Thursday, April 24, 2014
Student faces discipline for bringing pellet gun to school
A student will face academic discipline for bringing a pellet gun to Yarmouth High School on Thursday, the principal said.
Principal Ted Hall notified students and parents in an email message detailing the 10 a.m. incident. The gun contained no pellets or propellant.
"I feel it is very important for parents and students to know the facts concerning any issue that involves weapons in our school," Hall wrote. "This is one way we can continue to maintain a safe school."
The student was pulled from a class, searched and found to have a pellet gun that looked like a handgun, Hall wrote.
Hall said a second pupil had notified an assistant principal of the possible presence of a weapon.

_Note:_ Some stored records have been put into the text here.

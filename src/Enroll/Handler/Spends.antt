-- ===== src/Enroll/Handler/Spends.antt =====
-- What a call of Enroll does to the token store and the fleet.
use mathlib.Core.Path.{subst}
use f1337_mcp.Enroll.RateLimit.{RateLimiter, allow}
use f1337_mcp.Prelude.{
  ◌≡◌, refl, sym, ap, ◌⊎◌, inl, inr, Bool, true, false, Option, none, some, List, Text,
}
use f1337_mcp.Enroll.Token.{TokenError, Result, ok, err, TokenRecord}
use f1337_mcp.Enroll.Store.{inspect, redeem, TokenStore}
use f1337_mcp.Enroll.Service.{
  certified_name, san_set, certifiable, enrolled_sandbox, max_name_attempts, Request, Packages,
  FleetPorts, Reserved,
}
use f1337_mcp.Enroll.Handler.{
  name_for, Answer, refused, internal, invalid_argument, reject_token, resource_exhausted,
  check_request, reserve, after_reserve, reserving, enroll_checked, enroll_allowed, finish_enroll,
  enroll, World, enroll_inspected, Moment, Leaf,
}
use f1337_mcp.Enroll.Handler.Outlays.{
  Outlay, nothing_spent, none_redeemed, one_redeemed, reserve_from-Outlay,
}

module _ {F : Type 0} (p : Packages) (digest encode : Text → Text) (ports : FleetPorts F)
    (create : Leaf → Bool) (req : Request) (m : Moment) where
  abbrev looked_up : World F → Result TokenRecord × TokenStore
  looked_up w = inspect digest encode req.token m.inspect_clock m.inspect_disk w.tokens

  abbrev redeemed_from : TokenStore → Result TokenRecord × TokenStore
  redeemed_from s = redeem digest encode req.token m.redeem_clock m.redeem_disk s

  -- What a call costs.
  pub data Cost (w : World F) (a : Answer) (w' : World F) : Type 0 where
    limited :
        a ≡ refused resource_exhausted → w'.tokens ≡ w.tokens → w'.fleet ≡ w.fleet → Cost w a w'
    unknown_token :
        (e : TokenError)
        → (looked_up w).0 ≡ err e
        → a ≡ reject_token e
        → w'.tokens ≡ (looked_up w).1
        → w'.fleet ≡ w.fleet
        → Cost w a w'
    turned_down :
        (rec : TokenRecord)
        → (looked_up w).0 ≡ ok rec
        → (a ≡ refused invalid_argument) ⊎ (a ≡ refused internal)
        → w'.tokens ≡ (looked_up w).1
        → w'.fleet ≡ w.fleet
        → Cost w a w'
    lost_token :
        (rec : TokenRecord) (extra : List Text) (e : TokenError)
        → (looked_up w).0 ≡ ok rec
        → check_request p digest encode ports create rec req ≡ some extra
        → redeemed_from (looked_up w).1 ≡ (err e, w'.tokens)
        → a ≡ reject_token e
        → w'.fleet ≡ w.fleet
        → Cost w a w'
    token_spent :
        (rec rec' : TokenRecord) (extra : List Text)
        → (looked_up w).0 ≡ ok rec
        → check_request p digest encode ports create rec req ≡ some extra
        → redeemed_from (looked_up w).1 ≡ (ok rec', w'.tokens)
        → Cost w a w'

  finish_enroll-Cost :
      (w : World F) (limiter : RateLimiter) (rec : TokenRecord) (extra : List Text)
      (o : Reserved × (TokenStore × F))
      → (looked_up w).0 ≡ ok rec
      → check_request p digest encode ports create rec req ≡ some extra
      → Outlay redeemed_from (looked_up w).1 w.fleet o
      → Cost w
          (finish_enroll p digest encode ports create rec req extra limiter o).0
          (finish_enroll p digest encode ports create rec req extra limiter o).1
  unfolding finish_enroll after_reserve
  finish_enroll-Cost w limiter rec extra (r, (tokens, fleet)) q c (nothing_spent k (inl bad)) =
      turned_down rec q (inl (rw bad refl)) (ap (λ (t : TokenStore × F). t.0) k)
        (ap (λ (t : TokenStore × F). t.1) k)
  finish_enroll-Cost w limiter rec extra (r, (tokens, fleet)) q c (nothing_spent k (inr bad)) =
      turned_down rec q (inr (rw bad refl)) (ap (λ (t : TokenStore × F). t.0) k)
        (ap (λ (t : TokenStore × F). t.1) k)
  finish_enroll-Cost w limiter rec extra (r, (tokens, fleet)) q c (none_redeemed e bad k f) =
      lost_token rec extra e q c k (rw bad refl) f
  finish_enroll-Cost w limiter rec extra (r, (tokens, fleet)) q c (one_redeemed rec' ne k) =
      token_spent rec rec' extra q c k

  reserving-Outlay :
      (rec : TokenRecord) (extra : List Text) (tokens : TokenStore) (fleet : F)
      → Outlay redeemed_from tokens fleet
          (reserving p digest encode ports create rec req extra m tokens fleet)
  unfolding reserving reserve
  reserving-Outlay rec extra tokens fleet =
      reserve_from-Outlay ports (λ name. enrolled_sandbox p rec req name)
        (λ name. certifiable p (san_set p (certified_name rec.name name) rec.addresses extra))
        redeemed_from (name_for p digest encode ports create rec req) max_name_attempts 0 tokens
        fleet

  enroll_checked-Cost :
      (w : World F) (limiter : RateLimiter) (rec : TokenRecord) (c : Option (List Text))
      → (looked_up w).0 ≡ ok rec
      → check_request p digest encode ports create rec req ≡ c
      → Cost w
          (enroll_checked p digest encode ports create rec req m limiter
            (looked_up w).1
            w.fleet
            c).0
          (enroll_checked p digest encode ports create rec req m limiter
            (looked_up w).1
            w.fleet
            c).1
  unfolding enroll_checked
  enroll_checked-Cost w limiter rec none q k = turned_down rec q (inl refl) refl refl
  enroll_checked-Cost w limiter rec (some extra) q k =
      finish_enroll-Cost w limiter rec extra
        (reserving p digest encode ports create rec req extra m (looked_up w).1 w.fleet) q k
        (reserving-Outlay rec extra (looked_up w).1 w.fleet)

  enroll_inspected-Cost :
      (w : World F) (limiter : RateLimiter) (r : Result TokenRecord × TokenStore)
      → looked_up w ≡ r
      → Cost w
          (enroll_inspected p digest encode ports create req m limiter w.fleet r).0
          (enroll_inspected p digest encode ports create req m limiter w.fleet r).1
  unfolding enroll_inspected
  enroll_inspected-Cost w limiter (err e, s) q =
      unknown_token e (ap (λ (t : Result TokenRecord × TokenStore). t.0) q) refl
        (sym (ap (λ (t : Result TokenRecord × TokenStore). t.1) q)) refl
  enroll_inspected-Cost w limiter (ok rec, s) q =
      let is_ok = ap (λ (t : Result TokenRecord × TokenStore). t.0) q in
      let is_s = ap (λ (t : Result TokenRecord × TokenStore). t.1) q in
      subst
        (λ s.
          Cost w
            (enroll_checked p digest encode ports create rec req m limiter s w.fleet
              (check_request p digest encode ports create rec req)).0
            (enroll_checked p digest encode ports create rec req m limiter s w.fleet
              (check_request p digest encode ports create rec req)).1)
        is_s (enroll_checked-Cost w limiter rec _ is_ok refl)

  enroll_allowed-Cost :
      (w : World F) (l : Bool × RateLimiter)
      → Cost w
          (enroll_allowed p digest encode ports create req m w l).0
          (enroll_allowed p digest encode ports create req m w l).1
  unfolding enroll_allowed
  enroll_allowed-Cost w (false, limiter) = limited refl refl refl
  enroll_allowed-Cost w (true, limiter) = enroll_inspected-Cost w limiter (looked_up w) refl

  -- A call of Enroll answers an error with the fleet unchanged and the tokens as they were, or
  -- as looking the token up left them; or the request has passed its checks and the tokens are
  -- as one redemption left them, and if that redemption failed, the fleet is unchanged and the
  -- answer is the rejection of the token.
  pub enroll-Cost :
      (w : World F)
      → Cost w
          (enroll p digest encode ports create req m w).0
          (enroll p digest encode ports create req m w).1
  unfolding enroll
  enroll-Cost w = enroll_allowed-Cost w (allow m.peer m.now w.limiter)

Students and staff were not in any danger, Hall said in a telephone interview Friday.
Police were notified and confiscated the weapon, Hall said. Hall said federal privacy law prohibited him from disclosing details about the student.
School policy allows Hall to suspend the student or recommend expulsion.
16 hospitals given 'A' rating, three a 'B' and one a 'C'
Sixteen Maine hospitals received an "A" rating for hospital safety from The Leapfrog Group, an independent national nonprofit run by employers and other large purchasers of health benefits.
Another three Maine hospitals received a "B" rating, while York Hospital got a "C," according to the Leapfrog Group website. The results for the Hospital Safety Score were announced this week.
The study by the Leapfrog Group found that out of 49 states, Massachusetts and Maine have the most "A" grade hospitals at 83 and 80 percent, respectively. New Mexico fell to the bottom of the list with only 7 percent of its hospitals getting an "A."
The scores were awarded based on publicly available safety data on a hospital's ability to keep patients free from infections, injuries, and medical and medication errors. At least 180,000 patients are killed every year from errors, accidents, injuries and infections in American hospitals, Leapfrog Group said.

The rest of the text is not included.